### Your assignment
Copy all lines below containing "check".
*** Opening Data excerpts ***
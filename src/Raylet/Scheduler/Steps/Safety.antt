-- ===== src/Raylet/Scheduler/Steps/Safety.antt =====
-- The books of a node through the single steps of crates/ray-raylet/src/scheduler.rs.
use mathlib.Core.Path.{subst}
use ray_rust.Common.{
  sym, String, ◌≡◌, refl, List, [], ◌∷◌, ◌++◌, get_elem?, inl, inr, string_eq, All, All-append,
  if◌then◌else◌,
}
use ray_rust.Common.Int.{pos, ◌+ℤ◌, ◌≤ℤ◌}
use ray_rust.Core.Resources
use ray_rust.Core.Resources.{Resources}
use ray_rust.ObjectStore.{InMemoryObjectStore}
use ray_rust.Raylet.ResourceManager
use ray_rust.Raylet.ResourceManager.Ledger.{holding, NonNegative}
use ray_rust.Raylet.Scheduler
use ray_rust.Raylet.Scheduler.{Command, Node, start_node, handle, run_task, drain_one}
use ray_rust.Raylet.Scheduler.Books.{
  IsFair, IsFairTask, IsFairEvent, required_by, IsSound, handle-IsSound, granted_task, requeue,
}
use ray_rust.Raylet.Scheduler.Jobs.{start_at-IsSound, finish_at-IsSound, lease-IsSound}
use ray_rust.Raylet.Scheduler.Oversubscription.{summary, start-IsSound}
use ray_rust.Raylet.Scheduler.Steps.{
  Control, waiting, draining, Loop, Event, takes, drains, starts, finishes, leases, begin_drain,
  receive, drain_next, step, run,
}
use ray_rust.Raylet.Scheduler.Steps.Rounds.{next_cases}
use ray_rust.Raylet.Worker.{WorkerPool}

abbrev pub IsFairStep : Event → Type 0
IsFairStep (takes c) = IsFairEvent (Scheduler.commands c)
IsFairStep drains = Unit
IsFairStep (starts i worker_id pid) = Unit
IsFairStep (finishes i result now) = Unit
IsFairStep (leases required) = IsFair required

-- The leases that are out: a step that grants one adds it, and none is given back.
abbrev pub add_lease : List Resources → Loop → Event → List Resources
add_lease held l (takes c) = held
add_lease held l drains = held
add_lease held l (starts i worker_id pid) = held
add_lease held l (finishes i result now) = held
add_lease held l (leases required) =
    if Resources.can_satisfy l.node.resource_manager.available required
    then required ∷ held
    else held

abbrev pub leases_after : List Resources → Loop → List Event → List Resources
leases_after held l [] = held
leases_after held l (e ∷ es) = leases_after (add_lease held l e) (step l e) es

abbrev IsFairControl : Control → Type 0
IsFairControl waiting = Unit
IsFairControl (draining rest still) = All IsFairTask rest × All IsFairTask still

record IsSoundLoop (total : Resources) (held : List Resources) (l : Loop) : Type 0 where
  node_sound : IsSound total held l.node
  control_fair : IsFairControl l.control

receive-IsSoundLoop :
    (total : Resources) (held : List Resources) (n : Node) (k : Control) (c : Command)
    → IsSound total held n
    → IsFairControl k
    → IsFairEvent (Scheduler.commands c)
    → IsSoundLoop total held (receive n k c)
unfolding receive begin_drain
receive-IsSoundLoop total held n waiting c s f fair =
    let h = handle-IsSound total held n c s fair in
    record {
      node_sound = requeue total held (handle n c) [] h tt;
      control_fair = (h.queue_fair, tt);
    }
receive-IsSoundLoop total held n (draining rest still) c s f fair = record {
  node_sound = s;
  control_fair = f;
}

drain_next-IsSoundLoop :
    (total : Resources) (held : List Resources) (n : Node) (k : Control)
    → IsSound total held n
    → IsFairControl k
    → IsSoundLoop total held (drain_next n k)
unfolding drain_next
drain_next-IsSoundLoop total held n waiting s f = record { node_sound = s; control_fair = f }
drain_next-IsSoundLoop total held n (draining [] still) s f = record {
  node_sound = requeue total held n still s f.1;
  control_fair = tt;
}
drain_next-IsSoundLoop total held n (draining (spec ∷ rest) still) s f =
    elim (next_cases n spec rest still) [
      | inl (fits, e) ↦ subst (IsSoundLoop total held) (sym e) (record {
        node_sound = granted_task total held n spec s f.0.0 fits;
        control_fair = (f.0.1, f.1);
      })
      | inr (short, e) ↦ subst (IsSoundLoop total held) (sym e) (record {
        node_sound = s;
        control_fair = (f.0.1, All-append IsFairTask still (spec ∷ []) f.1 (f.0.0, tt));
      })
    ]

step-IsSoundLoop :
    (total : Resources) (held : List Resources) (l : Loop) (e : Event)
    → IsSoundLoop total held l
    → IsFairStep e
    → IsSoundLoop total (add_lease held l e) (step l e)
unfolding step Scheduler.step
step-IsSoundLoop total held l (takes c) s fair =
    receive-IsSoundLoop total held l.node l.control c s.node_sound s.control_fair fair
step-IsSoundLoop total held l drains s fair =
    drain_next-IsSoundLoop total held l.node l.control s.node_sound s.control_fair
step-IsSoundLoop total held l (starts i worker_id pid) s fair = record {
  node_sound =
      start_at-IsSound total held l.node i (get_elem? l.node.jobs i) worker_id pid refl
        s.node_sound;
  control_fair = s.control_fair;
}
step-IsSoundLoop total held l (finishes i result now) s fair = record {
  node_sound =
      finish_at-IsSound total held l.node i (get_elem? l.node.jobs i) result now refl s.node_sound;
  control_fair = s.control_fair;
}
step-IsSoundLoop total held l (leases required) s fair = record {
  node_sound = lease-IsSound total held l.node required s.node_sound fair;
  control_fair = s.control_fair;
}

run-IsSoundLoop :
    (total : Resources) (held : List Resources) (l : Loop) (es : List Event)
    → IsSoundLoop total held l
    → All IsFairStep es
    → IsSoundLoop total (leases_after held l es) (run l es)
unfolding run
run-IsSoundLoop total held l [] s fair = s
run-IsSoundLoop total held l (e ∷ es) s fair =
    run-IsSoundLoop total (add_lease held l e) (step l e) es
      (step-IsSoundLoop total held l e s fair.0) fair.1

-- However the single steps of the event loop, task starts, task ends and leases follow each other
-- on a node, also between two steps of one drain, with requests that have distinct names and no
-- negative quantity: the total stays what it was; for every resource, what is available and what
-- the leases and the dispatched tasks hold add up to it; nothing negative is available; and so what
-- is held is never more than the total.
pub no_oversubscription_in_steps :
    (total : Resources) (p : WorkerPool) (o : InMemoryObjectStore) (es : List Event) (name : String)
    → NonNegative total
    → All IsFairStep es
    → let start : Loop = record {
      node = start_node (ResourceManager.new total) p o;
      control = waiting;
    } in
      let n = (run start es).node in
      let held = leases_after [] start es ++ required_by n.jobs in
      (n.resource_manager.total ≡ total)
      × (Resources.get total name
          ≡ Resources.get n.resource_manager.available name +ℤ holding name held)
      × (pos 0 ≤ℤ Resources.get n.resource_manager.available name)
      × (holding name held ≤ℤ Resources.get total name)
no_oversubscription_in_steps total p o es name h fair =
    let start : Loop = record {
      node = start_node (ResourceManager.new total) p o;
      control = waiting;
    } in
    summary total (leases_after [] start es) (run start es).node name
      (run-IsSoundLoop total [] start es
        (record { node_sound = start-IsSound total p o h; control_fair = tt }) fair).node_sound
*** Closing Data excerpts ***
*** Opening Data excerpts ***
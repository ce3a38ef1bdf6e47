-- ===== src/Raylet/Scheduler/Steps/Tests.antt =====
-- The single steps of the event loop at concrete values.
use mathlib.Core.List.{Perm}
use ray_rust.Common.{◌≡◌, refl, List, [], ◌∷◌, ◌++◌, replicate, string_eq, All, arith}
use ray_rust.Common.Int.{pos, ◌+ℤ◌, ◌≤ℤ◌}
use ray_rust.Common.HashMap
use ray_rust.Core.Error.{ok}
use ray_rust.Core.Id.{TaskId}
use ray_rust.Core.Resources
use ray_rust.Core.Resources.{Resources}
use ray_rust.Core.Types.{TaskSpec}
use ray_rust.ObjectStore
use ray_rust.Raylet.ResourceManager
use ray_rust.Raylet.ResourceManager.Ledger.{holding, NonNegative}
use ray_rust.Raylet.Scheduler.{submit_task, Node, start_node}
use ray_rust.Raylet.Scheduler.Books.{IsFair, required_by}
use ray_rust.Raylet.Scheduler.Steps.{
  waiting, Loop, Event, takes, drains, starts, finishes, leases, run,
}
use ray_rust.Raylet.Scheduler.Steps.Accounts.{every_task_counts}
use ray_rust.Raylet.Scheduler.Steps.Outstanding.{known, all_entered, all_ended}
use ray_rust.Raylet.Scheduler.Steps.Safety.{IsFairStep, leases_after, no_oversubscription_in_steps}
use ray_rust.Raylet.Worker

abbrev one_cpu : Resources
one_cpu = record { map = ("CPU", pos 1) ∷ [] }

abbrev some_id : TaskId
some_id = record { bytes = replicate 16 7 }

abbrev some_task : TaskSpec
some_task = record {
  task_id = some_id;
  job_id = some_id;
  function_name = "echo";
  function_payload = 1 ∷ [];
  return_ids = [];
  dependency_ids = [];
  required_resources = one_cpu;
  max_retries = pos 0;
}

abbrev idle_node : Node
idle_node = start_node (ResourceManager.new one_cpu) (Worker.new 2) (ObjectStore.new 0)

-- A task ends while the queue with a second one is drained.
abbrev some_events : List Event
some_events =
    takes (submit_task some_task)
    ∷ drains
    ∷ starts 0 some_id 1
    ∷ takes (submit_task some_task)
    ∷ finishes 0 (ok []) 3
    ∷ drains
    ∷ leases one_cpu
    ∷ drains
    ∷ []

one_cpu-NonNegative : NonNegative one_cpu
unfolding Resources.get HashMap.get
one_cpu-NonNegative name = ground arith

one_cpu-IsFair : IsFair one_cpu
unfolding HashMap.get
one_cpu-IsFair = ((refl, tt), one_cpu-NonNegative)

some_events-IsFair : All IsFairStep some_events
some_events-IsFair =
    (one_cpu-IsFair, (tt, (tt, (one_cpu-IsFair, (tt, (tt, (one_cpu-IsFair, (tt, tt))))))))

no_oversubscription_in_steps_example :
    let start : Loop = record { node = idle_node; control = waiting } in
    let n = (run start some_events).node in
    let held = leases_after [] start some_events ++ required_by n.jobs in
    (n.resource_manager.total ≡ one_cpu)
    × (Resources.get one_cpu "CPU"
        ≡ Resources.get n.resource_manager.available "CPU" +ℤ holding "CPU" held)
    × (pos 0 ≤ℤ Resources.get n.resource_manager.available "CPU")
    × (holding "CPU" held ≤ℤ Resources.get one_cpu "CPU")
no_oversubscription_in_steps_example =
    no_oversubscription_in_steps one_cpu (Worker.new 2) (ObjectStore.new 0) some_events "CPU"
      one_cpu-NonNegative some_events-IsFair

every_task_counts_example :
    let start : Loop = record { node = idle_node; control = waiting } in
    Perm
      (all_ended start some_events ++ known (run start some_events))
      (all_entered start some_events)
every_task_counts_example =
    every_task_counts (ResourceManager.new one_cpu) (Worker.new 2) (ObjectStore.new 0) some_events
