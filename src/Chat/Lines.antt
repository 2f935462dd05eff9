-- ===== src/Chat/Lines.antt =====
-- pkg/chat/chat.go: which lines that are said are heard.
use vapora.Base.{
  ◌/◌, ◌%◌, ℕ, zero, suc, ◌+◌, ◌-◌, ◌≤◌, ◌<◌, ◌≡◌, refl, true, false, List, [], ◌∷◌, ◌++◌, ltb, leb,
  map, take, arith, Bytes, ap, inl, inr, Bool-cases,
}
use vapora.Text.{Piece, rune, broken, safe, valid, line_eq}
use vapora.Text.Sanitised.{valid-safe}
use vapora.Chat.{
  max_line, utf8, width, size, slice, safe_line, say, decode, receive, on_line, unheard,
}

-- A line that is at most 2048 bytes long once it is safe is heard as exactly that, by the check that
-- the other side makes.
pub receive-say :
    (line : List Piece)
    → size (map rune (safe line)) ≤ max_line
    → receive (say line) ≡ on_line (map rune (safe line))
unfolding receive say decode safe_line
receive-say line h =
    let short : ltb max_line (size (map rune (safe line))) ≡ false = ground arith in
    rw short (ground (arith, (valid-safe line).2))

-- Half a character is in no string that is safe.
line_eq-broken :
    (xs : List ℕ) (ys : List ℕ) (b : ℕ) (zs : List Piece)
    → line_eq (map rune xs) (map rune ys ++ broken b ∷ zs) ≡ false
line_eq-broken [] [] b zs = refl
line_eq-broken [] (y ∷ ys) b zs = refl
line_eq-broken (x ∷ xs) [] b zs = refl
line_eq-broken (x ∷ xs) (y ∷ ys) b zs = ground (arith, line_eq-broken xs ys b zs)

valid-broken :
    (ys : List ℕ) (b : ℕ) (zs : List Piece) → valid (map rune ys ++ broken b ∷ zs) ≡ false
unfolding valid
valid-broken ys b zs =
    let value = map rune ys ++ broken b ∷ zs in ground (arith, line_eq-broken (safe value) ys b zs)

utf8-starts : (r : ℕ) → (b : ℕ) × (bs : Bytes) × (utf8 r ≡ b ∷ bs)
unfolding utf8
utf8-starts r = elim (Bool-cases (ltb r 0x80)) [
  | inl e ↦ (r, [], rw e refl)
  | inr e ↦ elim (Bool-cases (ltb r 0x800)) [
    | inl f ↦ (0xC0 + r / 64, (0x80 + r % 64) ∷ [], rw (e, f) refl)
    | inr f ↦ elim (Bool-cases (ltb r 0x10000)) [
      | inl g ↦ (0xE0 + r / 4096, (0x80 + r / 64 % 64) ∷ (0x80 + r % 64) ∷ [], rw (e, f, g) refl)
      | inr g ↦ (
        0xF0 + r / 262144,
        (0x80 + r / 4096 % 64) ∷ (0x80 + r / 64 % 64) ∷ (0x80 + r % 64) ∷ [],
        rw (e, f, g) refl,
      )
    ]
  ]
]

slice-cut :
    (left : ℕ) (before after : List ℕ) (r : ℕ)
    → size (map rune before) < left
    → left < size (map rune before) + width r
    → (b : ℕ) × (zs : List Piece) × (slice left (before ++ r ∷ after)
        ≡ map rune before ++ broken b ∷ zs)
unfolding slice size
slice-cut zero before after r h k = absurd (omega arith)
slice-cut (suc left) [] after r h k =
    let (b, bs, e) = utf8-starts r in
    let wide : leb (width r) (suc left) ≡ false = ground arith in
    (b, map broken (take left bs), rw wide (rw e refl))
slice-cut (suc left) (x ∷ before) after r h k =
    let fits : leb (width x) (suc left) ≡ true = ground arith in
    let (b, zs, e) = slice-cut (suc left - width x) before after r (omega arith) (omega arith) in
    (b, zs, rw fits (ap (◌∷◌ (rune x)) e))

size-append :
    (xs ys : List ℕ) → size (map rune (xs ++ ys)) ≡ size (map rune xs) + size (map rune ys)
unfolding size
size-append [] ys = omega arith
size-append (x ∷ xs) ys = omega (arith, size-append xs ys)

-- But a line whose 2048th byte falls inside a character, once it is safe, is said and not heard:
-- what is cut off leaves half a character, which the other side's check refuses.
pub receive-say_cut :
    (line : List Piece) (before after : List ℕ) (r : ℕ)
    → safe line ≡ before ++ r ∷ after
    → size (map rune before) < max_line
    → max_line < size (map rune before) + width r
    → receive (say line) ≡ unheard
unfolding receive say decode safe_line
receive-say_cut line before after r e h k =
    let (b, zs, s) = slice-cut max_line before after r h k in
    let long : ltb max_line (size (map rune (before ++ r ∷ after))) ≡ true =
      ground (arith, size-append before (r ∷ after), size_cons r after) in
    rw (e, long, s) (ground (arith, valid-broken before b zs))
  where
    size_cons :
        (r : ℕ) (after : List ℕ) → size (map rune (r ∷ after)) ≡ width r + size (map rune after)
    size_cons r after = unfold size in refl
*** Closing Data excerpts ***
### Answer section
-- A line that is at most 2048 bytes long once it is safe is heard as exactly that, by the check that
-- what is cut off leaves half a character, which the other side's check refuses.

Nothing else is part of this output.